Exercise aim → Out of the records below, copy all lines in which the word "SealChecks" occurs.

===

-- ===== src/Session/RoundTrip.antt =====
-- `session_open` of src/protocol/session.c undoes `session_seal` of the peer.
use mldsa_auth.Base.{
  List, [], append_assoc, arith, drop, drop-append, false, if◌then◌else◌, length, length-append,
  length-replicate, ltb, ltb-false, refl, replicate, some, some_inj, sym, take, take-append, true,
  ℕ, ◌%◌, ◌++◌, ◌+◌, ◌-◌, ◌<◌, ◌^◌, ◌∙◌, ◌∷◌, ◌≡◌, ◌≤◌,
}
use mldsa_auth.Base.Bytes.{all_zero-replicate, bytes_eq_refl}
use mldsa_auth.Crypto.Aead.{Aead, IsAead, aead_decrypt, aead_encrypt, aead_tag_bytes}
use mldsa_auth.Pending.Cell.{live}
use mldsa_auth.Session.{
  Outcome, Session, build_ad, build_nonce, inner_len_for, is_active, is_initiator, limits_valid,
  load_be16, load_be64, ok, ranges_overlap, recv_key, send_key, session_age_ms,
  session_content_len_bytes, session_header_bytes, session_max_content_bytes,
  session_max_plaintext_bytes, session_max_record_bytes, session_min_record_bytes,
  session_overhead_bytes, session_record_type, session_sealed_len, store_be16, store_be64,
}
use mldsa_auth.Session.Numbers.{
  length-store_be16, length-store_be64, load_be16-store_be16, load_be64-store_be64,
}
use mldsa_auth.Session.Open.{OpenChecks, body, open_checked, writable}
use mldsa_auth.Session.Padding.{inner_len_for-Padded, limits_bound}
use mldsa_auth.Session.Records.{open_finish, open_inner, padded_inner, session_open, session_seal}
use mldsa_auth.Session.Seal.{
  SealChecks, reserved, seal_checked, seal_checks, seal_finish_done, seal_finish_ok, sealed_len_lem,
  sealed_text,
}

-- The sender's next record is the one that the receiver expects.
pub record InSync (s r : Session) : Type 0 where
  pub key : send_key s ≡ recv_key r
  pub handshake : s.handshake_id ≡ r.handshake_id
  pub direction : s.send_dir ≡ r.recv_dir
  pub seq : s.send_seq ≡ r.recv_seq

length-padded_inner :
    (pt : List ℕ) (n : ℕ)
    → length pt + session_content_len_bytes ≤ n
    → length (padded_inner pt n) ≡ n
unfolding padded_inner
length-padded_inner pt n h =
    let pad = n - (session_content_len_bytes + length pt) in
    omega (
      arith,
      length-append (store_be16 (length pt)) (pt ++ replicate {A = ℕ} pad 0),
      length-append pt (replicate {A = ℕ} pad 0),
      length-replicate {A = ℕ} pad 0,
      length-store_be16 (length pt),
    )

-- The inner text of a seal passes the checks behind the AEAD, and gives its content back.
open_inner-padded :
    (r : Session) (seq n : ℕ) (pt : List ℕ)
    → length pt ≤ session_max_content_bytes
    → length pt + session_content_len_bytes ≤ n
    → open_inner r seq n (padded_inner pt n) ≡ record {
      status = ok;
      session = record r {
        recv_seq = (seq + 1) % 2 ^ 64;
        peer_confirmed = if is_initiator r.role then true else r.peer_confirmed;
      };
      out = pt ++ replicate (n - length pt) 0;
      len = length pt;
    }
unfolding open_inner padded_inner
open_inner-padded r seq n pt h fits =
    let pad : List ℕ = replicate (n - (session_content_len_bytes + length pt)) 0 in
    let got : load_be16 (store_be16 (length pt) ++ (pt ++ pad)) ≡ length pt =
      load_be16-store_be16 (length pt) (pt ++ pad) (omega arith) in
    let content : drop session_content_len_bytes (store_be16 (length pt) ++ (pt ++ pad))
        ≡ pt ++ pad =
      drop-append session_content_len_bytes (store_be16 (length pt)) (pt ++ pad)
        (length-store_be16 (length pt)) in
    let behind : drop (session_content_len_bytes + length pt)
          (store_be16 (length pt) ++ (pt ++ pad))
        ≡ pad =
      rw (← append_assoc) (
        drop-append (session_content_len_bytes + length pt) (store_be16 (length pt) ++ pt) pad (
          omega
            (arith, length-append (store_be16 (length pt)) pt, length-store_be16 (length pt)))) in
    rw (got, behind, content, take-append (length pt) pt pad refl, all_zero-replicate)
      (ground arith)

build_ad_same :
    (s r : Session) (seq : ℕ)
    → s.handshake_id ≡ r.handshake_id
    → s.send_dir ≡ r.recv_dir
    → build_ad s s.send_dir seq ≡ build_ad r r.recv_dir seq
unfolding build_ad
build_ad_same s r seq h d = rw (h, d)

-- The record as `session_open` takes it apart.
pub record_parts :
    (seq : ℕ) (ct : List ℕ)
    → seq < 2 ^ 64
    → let rec = (session_record_type ∷ store_be64 seq) ++ ct in
      (take 1 rec ≡ session_record_type ∷ [])
      × (load_be64 (drop 1 rec) ≡ seq)
      × (drop session_header_bytes rec ≡ ct)
      × (length rec ≡ session_header_bytes + length ct)
record_parts seq ct h = (
  take-append 1 (session_record_type ∷ []) (store_be64 seq ++ ct) refl,
  rw (drop-append 1 (session_record_type ∷ []) (store_be64 seq ++ ct) refl)
      (load_be64-store_be64 seq ct h),
  drop-append session_header_bytes (session_record_type ∷ store_be64 seq) ct
      (omega (arith, length-store_be64 seq)),
  omega (arith, length-append (session_record_type ∷ store_be64 seq) ct, length-store_be64 seq),
)

open_finish_ok :
    (s : Session) (seq body : ℕ) (inner : List ℕ)
    → length inner ≡ body
    → open_finish s seq body (some inner) ≡ open_inner s seq body inner
unfolding open_finish
open_finish_ok s seq body inner h = ground arith

decrypts-encrypts :
    (a : Aead) (msg ad nonce key ct : List ℕ)
    → IsAead a
    → aead_encrypt a msg ad nonce key ≡ some ct
    → (aead_decrypt a ct ad nonce key ≡ some msg) × (length ct ≡ length msg + aead_tag_bytes)
unfolding aead_encrypt aead_decrypt
decrypts-encrypts a msg ad nonce key ct law e =
    let (ct', e', l) = law.encrypts key nonce ad msg in
    let same : ct' ≡ ct = some_inj (sym e' ∙ e) in
    let size : length ct ≡ length msg + aead_tag_bytes = rw (← same) l in
    (
      rw (ltb-false (length ct) aead_tag_bytes (omega arith)) (law.decrypts key nonce ad msg ct e),
      size,
    )

aead_encrypt_lem :
    (a : Aead) (msg ad nonce key ct : List ℕ)
    → a.encrypt key nonce ad msg ≡ some ct
    → aead_encrypt a msg ad nonce key ≡ some ct
unfolding aead_encrypt
aead_encrypt_lem a msg ad nonce key ct e = e

-- With a session in use, a buffer that has room for `session_sealed_len` bytes apart from the
-- content, and an AEAD that does not fail, `session_seal` gives a record of just that length.
pub seal_succeeds :
    (a : Aead) (s : Session) (now : ℕ) (pt : List ℕ) (pt_at out_at room : ℕ)
    → IsAead a
    → limits_valid s.limits ≡ true
    → length pt ≤ session_max_content_bytes
    → is_active s.state ≡ true
    → session_age_ms s now < s.limits.reject_after_ms
    → s.send_seq < s.limits.reject_after_messages
    → session_sealed_len s (length pt) ≤ room
    → ranges_overlap pt_at (length pt) out_at (session_sealed_len s (length pt)) ≡ false
    → ((session_seal a s now pt pt_at out_at room).status ≡ ok)
      × (length (session_seal a s now pt pt_at out_at room).out ≡ session_sealed_len s (length pt))
      × ((session_seal a s now pt pt_at out_at room).len ≡ session_sealed_len s (length pt))
      × (session_sealed_len s (length pt) ≤ session_max_record_bytes)
      × (session_min_record_bytes ≤ session_sealed_len s (length pt))
seal_succeeds a s now pt pt_at out_at room law valid content up young below fits apart =
    let bucket = (limits_bound s.limits valid).1 in
    let p = inner_len_for-Padded (length pt) s.limits.pad_bucket content bucket in
    let n = inner_len_for (length pt) s.limits.pad_bucket in
    let size = sealed_len_lem s (length pt) content bucket in
    let (ct, enc, long) =
      law.encrypts (send_key s) (build_nonce s.send_seq) (build_ad s s.send_dir s.send_seq)
        (padded_inner pt n) in
    let c : SealChecks a s now pt pt_at out_at room = record {
      content = content;
      live = up;
      bucket = bucket;
      fits = rw (← size) fits;
      young = young;
      below = below;
    } in
    let width : length ct + session_header_bytes ≡ n + session_overhead_bytes =
      omega (arith, long, length-padded_inner pt n p.holds) in
    let enc' =
      aead_encrypt_lem a (padded_inner pt n) (build_ad s s.send_dir s.send_seq)
        (build_nonce s.send_seq) (send_key s) ct enc in
    let finished = seal_checked a s now pt pt_at out_at room c (rw size at apart) in
    let done =
      (rw enc' at finished)
      ∙ seal_finish_done (reserved a s now pt pt_at out_at room) s.send_seq
          (n + session_overhead_bytes) ct width in
    rw (done, size)
      (
        refl,
        omega (
          arith,
          width,
          length-append (session_record_type ∷ store_be64 s.send_seq) ct,
          length-store_be64 s.send_seq,
        ),
        refl,
        omega (arith, p.bounded),
        omega (arith, p.holds),
      )

-- What `session_open` hands back of a record whose ciphertext decrypts to a padded content.
pub opened : Session → ℕ → ℕ → List ℕ → Outcome
opened r seq n pt = record {
  status = ok;
  session = record r {
    recv_seq = (seq + 1) % 2 ^ 64;
    peer_confirmed = if is_initiator r.role then true else r.peer_confirmed;
  };
  out = pt ++ replicate (n - length pt) 0;
  len = length pt;
}

open_record :
    (a : Aead) (r : Session) (now rec_at buf_at cap seq n : ℕ) (pt ct : List ℕ)
    → length pt ≤ session_max_content_bytes
    → length pt + session_content_len_bytes ≤ n
    → n ≤ session_max_plaintext_bytes
    → n ≤ cap
    → seq ≡ r.recv_seq
    → seq < 2 ^ 64
    → length ct ≡ n + aead_tag_bytes
    → aead_decrypt a ct (build_ad r r.recv_dir seq) (build_nonce seq) (recv_key r)
      ≡ some (padded_inner pt n)
    → is_active r.state ≡ true
    → session_age_ms r now < r.limits.reject_after_ms
    → r.recv_seq < r.limits.reject_after_messages
    → ranges_overlap rec_at
        (length ((session_record_type ∷ store_be64 seq) ++ ct))
        buf_at
        (writable a r now ((session_record_type ∷ store_be64 seq) ++ ct) rec_at buf_at cap)
      ≡ false
    → session_open a r now ((session_record_type ∷ store_be64 seq) ++ ct) rec_at buf_at cap
      ≡ opened r seq n pt
unfolding opened
open_record a r now rec_at buf_at cap seq n pt ct content holds bounded room inseq small size dec
      live young below apart =
    let (type_ok, number, text, long) = record_parts seq ct small in
    let rec = (session_record_type ∷ store_be64 seq) ++ ct in
    let c : OpenChecks a r now rec rec_at buf_at cap = record {
      apart = apart;
      live = live;
      young = young;
      long = omega (arith, long, size);
      short = omega (arith, long, size);
      type_ok = rw type_ok (bytes_eq_refl (session_record_type ∷ []));
      fits = omega (arith, long, size);
      in_order = number ∙ inseq;
      below = below;
    } in
    let here : body a r now rec rec_at buf_at cap ≡ n = omega (arith, long, size) in
    open_checked a r now rec rec_at buf_at cap c
    ∙ rw (here, number, text, dec)
        (open_finish_ok r seq n (padded_inner pt n) (length-padded_inner pt n holds)
          ∙ open_inner-padded r seq n pt content holds)

-- A record that `session_seal` has sealed, given to the `session_open` of the peer that is in step,
-- comes back as the content with zeros behind it, and the two stay in step: the peer is active and
-- within its limits, and its buffer is apart from the record and as long as the inner text.
pub open-seal :
    (a : Aead) (s r : Session) (now now' : ℕ) (pt : List ℕ)
    (pt_at out_at room rec_at buf_at cap : ℕ)
    → IsAead a
    → InSync s r
    → limits_valid s.limits ≡ true
    → (session_seal a s now pt pt_at out_at room).status ≡ ok
    → is_active r.state ≡ true
    → session_age_ms r now' < r.limits.reject_after_ms
    → r.recv_seq < r.limits.reject_after_messages
    → inner_len_for (length pt) s.limits.pad_bucket ≤ cap
    → ranges_overlap rec_at
        (length (session_seal a s now pt pt_at out_at room).out)
        buf_at
        (if ltb cap session_max_plaintext_bytes then cap else session_max_plaintext_bytes)
      ≡ false
    → let sealing = session_seal a s now pt pt_at out_at room in
      let got = session_open a r now' sealing.out rec_at buf_at cap in
      (got.status ≡ ok)
      × (got.len ≡ length pt)
      × (got.out ≡ pt ++ replicate (inner_len_for (length pt) s.limits.pad_bucket - length pt) 0)
      × InSync sealing.session got.session
unfolding opened
open-seal a s r now now' pt pt_at out_at room rec_at buf_at cap law sync valid sealed live young
      below fits apart =
    let (c, e) = seal_checks a s now pt pt_at out_at room sealed in
    let n = inner_len_for (length pt) s.limits.pad_bucket in
    let (ct, enc, size, fin) =
      seal_finish_ok (reserved a s now pt pt_at out_at room) s.send_seq (n + session_overhead_bytes)
        (sealed_text a s now pt pt_at out_at room) (rw e at sealed) in
    let p = inner_len_for-Padded (length pt) s.limits.pad_bucket c.content c.bucket in
    let small : s.send_seq < 2 ^ 64 = omega (arith, (limits_bound s.limits valid).0, c.below) in
    let (dec, long) =
      decrypts-encrypts a (padded_inner pt n) (build_ad s s.send_dir s.send_seq)
        (build_nonce s.send_seq) (send_key s) ct law enc in
    let dec' : aead_decrypt a ct (build_ad r r.recv_dir s.send_seq) (build_nonce s.send_seq)
          (recv_key r)
        ≡ some (padded_inner pt n) =
      rw (← build_ad_same s r s.send_seq sync.handshake sync.direction, ← sync.key) dec in
    let whole = e ∙ fin in
    let got =
      open_record a r now' rec_at buf_at cap s.send_seq n pt ct c.content p.holds p.bounded fits
        sync.seq small (omega (arith, size)) dec' live young below (rw whole at apart) in
    rw (whole, got)
      (
        refl,
        refl,
        refl,
        record {
          key = sync.key;
          handshake = sync.handshake;
          direction = sync.direction;
          seq = refl;
        },
      )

===

The completed task →
  SealChecks, reserved, seal_checked, seal_checks, seal_finish_done, seal_finish_ok, sealed_len_lem,
    let c : SealChecks a s now pt pt_at out_at room = record {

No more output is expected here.